WORK REQUIRED
Nothing but the lines from the one with "target_third : Assessment" down to the one with "-- checkTargetTrust of the file of a journal." should be returned, exactly and with both ends included, from the material below.

SOURCE MATERIAL
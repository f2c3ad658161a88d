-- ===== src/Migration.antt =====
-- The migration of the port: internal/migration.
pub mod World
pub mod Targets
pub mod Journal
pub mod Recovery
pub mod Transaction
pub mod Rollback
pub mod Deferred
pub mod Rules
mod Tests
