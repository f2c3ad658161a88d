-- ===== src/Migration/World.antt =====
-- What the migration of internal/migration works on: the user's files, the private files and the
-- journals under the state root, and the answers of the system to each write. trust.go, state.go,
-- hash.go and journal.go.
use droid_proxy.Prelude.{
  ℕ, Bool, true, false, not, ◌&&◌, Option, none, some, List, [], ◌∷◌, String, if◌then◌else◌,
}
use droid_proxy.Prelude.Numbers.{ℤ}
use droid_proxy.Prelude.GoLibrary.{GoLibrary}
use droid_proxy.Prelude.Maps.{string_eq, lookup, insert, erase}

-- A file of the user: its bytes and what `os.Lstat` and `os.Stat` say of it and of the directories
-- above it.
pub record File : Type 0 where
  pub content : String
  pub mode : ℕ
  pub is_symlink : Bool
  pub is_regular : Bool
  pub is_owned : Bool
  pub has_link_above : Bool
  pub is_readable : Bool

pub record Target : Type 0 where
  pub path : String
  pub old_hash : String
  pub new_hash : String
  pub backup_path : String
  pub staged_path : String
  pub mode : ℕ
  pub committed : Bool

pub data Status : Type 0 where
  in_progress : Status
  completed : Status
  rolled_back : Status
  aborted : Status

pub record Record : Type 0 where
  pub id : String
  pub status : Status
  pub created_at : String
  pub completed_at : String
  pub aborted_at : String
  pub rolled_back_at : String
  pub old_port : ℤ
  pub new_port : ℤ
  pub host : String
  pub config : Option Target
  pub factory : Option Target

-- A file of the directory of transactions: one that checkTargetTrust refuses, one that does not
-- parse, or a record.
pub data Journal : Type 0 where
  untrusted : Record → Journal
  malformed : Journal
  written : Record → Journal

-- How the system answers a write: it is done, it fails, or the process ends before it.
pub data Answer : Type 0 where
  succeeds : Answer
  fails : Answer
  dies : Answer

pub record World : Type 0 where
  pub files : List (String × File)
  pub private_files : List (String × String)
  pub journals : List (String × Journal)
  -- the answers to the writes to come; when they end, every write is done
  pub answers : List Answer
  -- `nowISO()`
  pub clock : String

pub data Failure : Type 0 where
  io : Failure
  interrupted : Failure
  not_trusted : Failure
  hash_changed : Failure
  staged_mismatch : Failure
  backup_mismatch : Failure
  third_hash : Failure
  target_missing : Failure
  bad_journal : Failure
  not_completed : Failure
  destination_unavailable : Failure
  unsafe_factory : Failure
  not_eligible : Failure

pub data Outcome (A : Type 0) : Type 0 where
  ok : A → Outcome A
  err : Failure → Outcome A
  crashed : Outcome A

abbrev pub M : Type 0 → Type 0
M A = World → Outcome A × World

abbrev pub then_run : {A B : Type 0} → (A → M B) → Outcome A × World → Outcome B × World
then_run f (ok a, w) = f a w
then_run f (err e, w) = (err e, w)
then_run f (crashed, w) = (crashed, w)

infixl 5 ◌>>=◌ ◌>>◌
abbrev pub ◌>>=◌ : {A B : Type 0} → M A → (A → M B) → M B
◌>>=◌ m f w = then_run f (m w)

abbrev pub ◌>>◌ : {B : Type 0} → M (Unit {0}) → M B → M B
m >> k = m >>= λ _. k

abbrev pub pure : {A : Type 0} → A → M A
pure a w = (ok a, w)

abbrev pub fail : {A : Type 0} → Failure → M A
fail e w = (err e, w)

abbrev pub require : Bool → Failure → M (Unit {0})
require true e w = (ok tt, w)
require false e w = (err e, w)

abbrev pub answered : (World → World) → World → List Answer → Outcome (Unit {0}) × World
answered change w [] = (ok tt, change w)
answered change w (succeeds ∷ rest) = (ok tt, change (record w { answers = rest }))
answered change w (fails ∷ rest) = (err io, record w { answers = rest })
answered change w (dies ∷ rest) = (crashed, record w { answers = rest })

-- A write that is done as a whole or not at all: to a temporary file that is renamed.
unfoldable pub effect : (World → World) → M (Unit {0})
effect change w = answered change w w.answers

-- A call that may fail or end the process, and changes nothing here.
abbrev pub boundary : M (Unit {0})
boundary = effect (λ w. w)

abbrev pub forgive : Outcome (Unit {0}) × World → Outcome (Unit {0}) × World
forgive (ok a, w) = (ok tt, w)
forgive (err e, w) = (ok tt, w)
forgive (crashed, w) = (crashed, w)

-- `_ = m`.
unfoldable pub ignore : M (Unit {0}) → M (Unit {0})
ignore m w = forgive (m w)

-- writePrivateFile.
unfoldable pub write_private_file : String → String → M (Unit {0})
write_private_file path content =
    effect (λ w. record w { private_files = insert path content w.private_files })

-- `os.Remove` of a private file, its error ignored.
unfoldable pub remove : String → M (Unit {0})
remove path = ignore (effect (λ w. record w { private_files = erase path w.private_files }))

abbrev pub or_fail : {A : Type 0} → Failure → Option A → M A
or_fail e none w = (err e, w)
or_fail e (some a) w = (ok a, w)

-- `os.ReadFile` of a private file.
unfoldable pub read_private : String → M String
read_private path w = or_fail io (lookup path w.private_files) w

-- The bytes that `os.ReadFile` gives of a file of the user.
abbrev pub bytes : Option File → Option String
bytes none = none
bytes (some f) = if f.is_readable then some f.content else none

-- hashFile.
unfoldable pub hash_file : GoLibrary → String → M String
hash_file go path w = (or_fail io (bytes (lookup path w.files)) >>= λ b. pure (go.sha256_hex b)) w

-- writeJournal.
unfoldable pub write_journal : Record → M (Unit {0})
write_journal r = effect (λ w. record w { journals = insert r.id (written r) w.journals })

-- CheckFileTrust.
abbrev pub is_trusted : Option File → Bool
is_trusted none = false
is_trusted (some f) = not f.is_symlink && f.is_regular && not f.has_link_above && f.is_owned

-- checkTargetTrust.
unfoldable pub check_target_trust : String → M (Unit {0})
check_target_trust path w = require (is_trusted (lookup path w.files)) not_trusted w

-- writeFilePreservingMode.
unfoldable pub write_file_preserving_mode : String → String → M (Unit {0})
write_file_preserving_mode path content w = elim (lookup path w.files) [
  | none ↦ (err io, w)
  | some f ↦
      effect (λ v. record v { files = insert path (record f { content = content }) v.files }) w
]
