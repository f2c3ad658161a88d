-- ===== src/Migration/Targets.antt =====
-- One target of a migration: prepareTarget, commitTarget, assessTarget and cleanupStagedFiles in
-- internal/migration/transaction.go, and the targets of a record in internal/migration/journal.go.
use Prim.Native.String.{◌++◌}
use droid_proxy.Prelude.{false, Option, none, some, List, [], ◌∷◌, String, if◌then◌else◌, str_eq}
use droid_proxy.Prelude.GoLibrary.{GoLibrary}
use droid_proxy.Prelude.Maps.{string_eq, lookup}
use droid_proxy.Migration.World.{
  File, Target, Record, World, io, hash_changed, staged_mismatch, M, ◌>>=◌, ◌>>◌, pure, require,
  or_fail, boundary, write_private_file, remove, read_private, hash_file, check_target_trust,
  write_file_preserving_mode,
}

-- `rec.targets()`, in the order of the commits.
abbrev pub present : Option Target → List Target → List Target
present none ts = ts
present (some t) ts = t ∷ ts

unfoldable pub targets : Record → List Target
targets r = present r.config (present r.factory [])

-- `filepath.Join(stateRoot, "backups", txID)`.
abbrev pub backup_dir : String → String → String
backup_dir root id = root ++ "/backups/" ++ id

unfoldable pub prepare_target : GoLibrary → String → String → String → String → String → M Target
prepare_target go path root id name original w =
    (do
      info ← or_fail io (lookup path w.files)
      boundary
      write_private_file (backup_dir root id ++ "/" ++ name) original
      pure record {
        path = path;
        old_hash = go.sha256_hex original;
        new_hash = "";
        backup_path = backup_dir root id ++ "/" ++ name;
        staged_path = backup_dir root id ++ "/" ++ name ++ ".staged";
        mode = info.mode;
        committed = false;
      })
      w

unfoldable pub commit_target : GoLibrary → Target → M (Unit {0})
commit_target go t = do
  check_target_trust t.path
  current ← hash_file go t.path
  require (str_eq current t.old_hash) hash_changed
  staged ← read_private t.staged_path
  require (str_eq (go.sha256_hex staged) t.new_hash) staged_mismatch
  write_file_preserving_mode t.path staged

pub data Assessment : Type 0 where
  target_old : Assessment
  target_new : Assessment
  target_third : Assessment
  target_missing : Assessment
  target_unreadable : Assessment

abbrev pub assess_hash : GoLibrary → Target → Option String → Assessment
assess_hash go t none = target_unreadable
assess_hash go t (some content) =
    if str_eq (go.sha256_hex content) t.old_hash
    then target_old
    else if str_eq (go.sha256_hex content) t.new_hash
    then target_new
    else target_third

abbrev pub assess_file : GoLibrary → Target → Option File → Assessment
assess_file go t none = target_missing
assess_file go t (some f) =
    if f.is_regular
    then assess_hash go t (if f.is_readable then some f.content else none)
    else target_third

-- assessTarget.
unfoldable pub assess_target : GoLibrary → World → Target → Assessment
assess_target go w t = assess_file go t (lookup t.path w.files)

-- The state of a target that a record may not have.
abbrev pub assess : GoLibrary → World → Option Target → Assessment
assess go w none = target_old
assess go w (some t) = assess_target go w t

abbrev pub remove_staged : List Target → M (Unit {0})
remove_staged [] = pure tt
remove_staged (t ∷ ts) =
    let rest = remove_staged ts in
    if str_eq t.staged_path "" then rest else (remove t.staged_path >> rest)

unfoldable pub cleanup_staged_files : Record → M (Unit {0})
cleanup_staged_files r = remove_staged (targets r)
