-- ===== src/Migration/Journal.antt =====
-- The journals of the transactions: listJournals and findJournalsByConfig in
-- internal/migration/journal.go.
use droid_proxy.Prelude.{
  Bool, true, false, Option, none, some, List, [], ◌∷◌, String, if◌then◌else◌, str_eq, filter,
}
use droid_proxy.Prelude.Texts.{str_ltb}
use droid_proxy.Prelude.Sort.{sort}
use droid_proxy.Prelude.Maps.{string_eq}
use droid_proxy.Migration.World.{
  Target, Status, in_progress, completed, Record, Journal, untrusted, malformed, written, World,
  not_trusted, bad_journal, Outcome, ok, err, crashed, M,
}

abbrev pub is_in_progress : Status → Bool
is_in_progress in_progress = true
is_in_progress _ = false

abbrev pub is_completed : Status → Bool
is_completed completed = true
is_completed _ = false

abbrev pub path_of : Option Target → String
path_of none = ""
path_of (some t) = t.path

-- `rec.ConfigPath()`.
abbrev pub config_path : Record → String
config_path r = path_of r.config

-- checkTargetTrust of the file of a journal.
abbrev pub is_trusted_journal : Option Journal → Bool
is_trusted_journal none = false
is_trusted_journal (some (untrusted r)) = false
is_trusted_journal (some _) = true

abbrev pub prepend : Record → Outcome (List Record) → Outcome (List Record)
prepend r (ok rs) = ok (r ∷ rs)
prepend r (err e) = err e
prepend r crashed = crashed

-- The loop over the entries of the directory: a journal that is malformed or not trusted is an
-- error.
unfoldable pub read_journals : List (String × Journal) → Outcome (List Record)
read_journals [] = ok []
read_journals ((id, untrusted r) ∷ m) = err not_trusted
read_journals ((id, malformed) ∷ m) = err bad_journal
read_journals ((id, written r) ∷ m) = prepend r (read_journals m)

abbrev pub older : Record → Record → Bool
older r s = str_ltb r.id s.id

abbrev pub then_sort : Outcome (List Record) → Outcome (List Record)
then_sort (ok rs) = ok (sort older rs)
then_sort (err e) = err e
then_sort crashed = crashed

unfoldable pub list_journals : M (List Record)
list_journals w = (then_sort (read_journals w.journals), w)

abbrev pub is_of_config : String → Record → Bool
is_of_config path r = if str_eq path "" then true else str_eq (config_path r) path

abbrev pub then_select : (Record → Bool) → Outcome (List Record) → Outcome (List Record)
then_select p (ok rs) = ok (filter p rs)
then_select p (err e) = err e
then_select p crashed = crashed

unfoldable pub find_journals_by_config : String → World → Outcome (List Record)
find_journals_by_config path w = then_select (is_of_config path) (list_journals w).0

WRITTEN REPLY
  target_third : Assessment
  target_missing : Assessment
  target_unreadable : Assessment

abbrev pub assess_hash : GoLibrary → Target → Option String → Assessment
assess_hash go t none = target_unreadable
assess_hash go t (some content) =
    if str_eq (go.sha256_hex content) t.old_hash
    then target_old
    else if str_eq (go.sha256_hex content) t.new_hash
    then target_new
    else target_third

abbrev pub assess_file : GoLibrary → Target → Option File → Assessment
assess_file go t none = target_missing
assess_file go t (some f) =
    if f.is_regular
    then assess_hash go t (if f.is_readable then some f.content else none)
    else target_third

-- assessTarget.
unfoldable pub assess_target : GoLibrary → World → Target → Assessment
assess_target go w t = assess_file go t (lookup t.path w.files)

-- The state of a target that a record may not have.
abbrev pub assess : GoLibrary → World → Option Target → Assessment
assess go w none = target_old
assess go w (some t) = assess_target go w t

abbrev pub remove_staged : List Target → M (Unit {0})
remove_staged [] = pure tt
remove_staged (t ∷ ts) =
    let rest = remove_staged ts in
    if str_eq t.staged_path "" then rest else (remove t.staged_path >> rest)

unfoldable pub cleanup_staged_files : Record → M (Unit {0})
cleanup_staged_files r = remove_staged (targets r)
-- ===== src/Migration/Journal.antt =====
-- The journals of the transactions: listJournals and findJournalsByConfig in
-- internal/migration/journal.go.
use droid_proxy.Prelude.{
  Bool, true, false, Option, none, some, List, [], ◌∷◌, String, if◌then◌else◌, str_eq, filter,
}
use droid_proxy.Prelude.Texts.{str_ltb}
use droid_proxy.Prelude.Sort.{sort}
use droid_proxy.Prelude.Maps.{string_eq}
use droid_proxy.Migration.World.{
  Target, Status, in_progress, completed, Record, Journal, untrusted, malformed, written, World,
  not_trusted, bad_journal, Outcome, ok, err, crashed, M,
}

abbrev pub is_in_progress : Status → Bool
is_in_progress in_progress = true
is_in_progress _ = false

abbrev pub is_completed : Status → Bool
is_completed completed = true
is_completed _ = false

abbrev pub path_of : Option Target → String
path_of none = ""
path_of (some t) = t.path

-- `rec.ConfigPath()`.
abbrev pub config_path : Record → String
config_path r = path_of r.config

-- checkTargetTrust of the file of a journal.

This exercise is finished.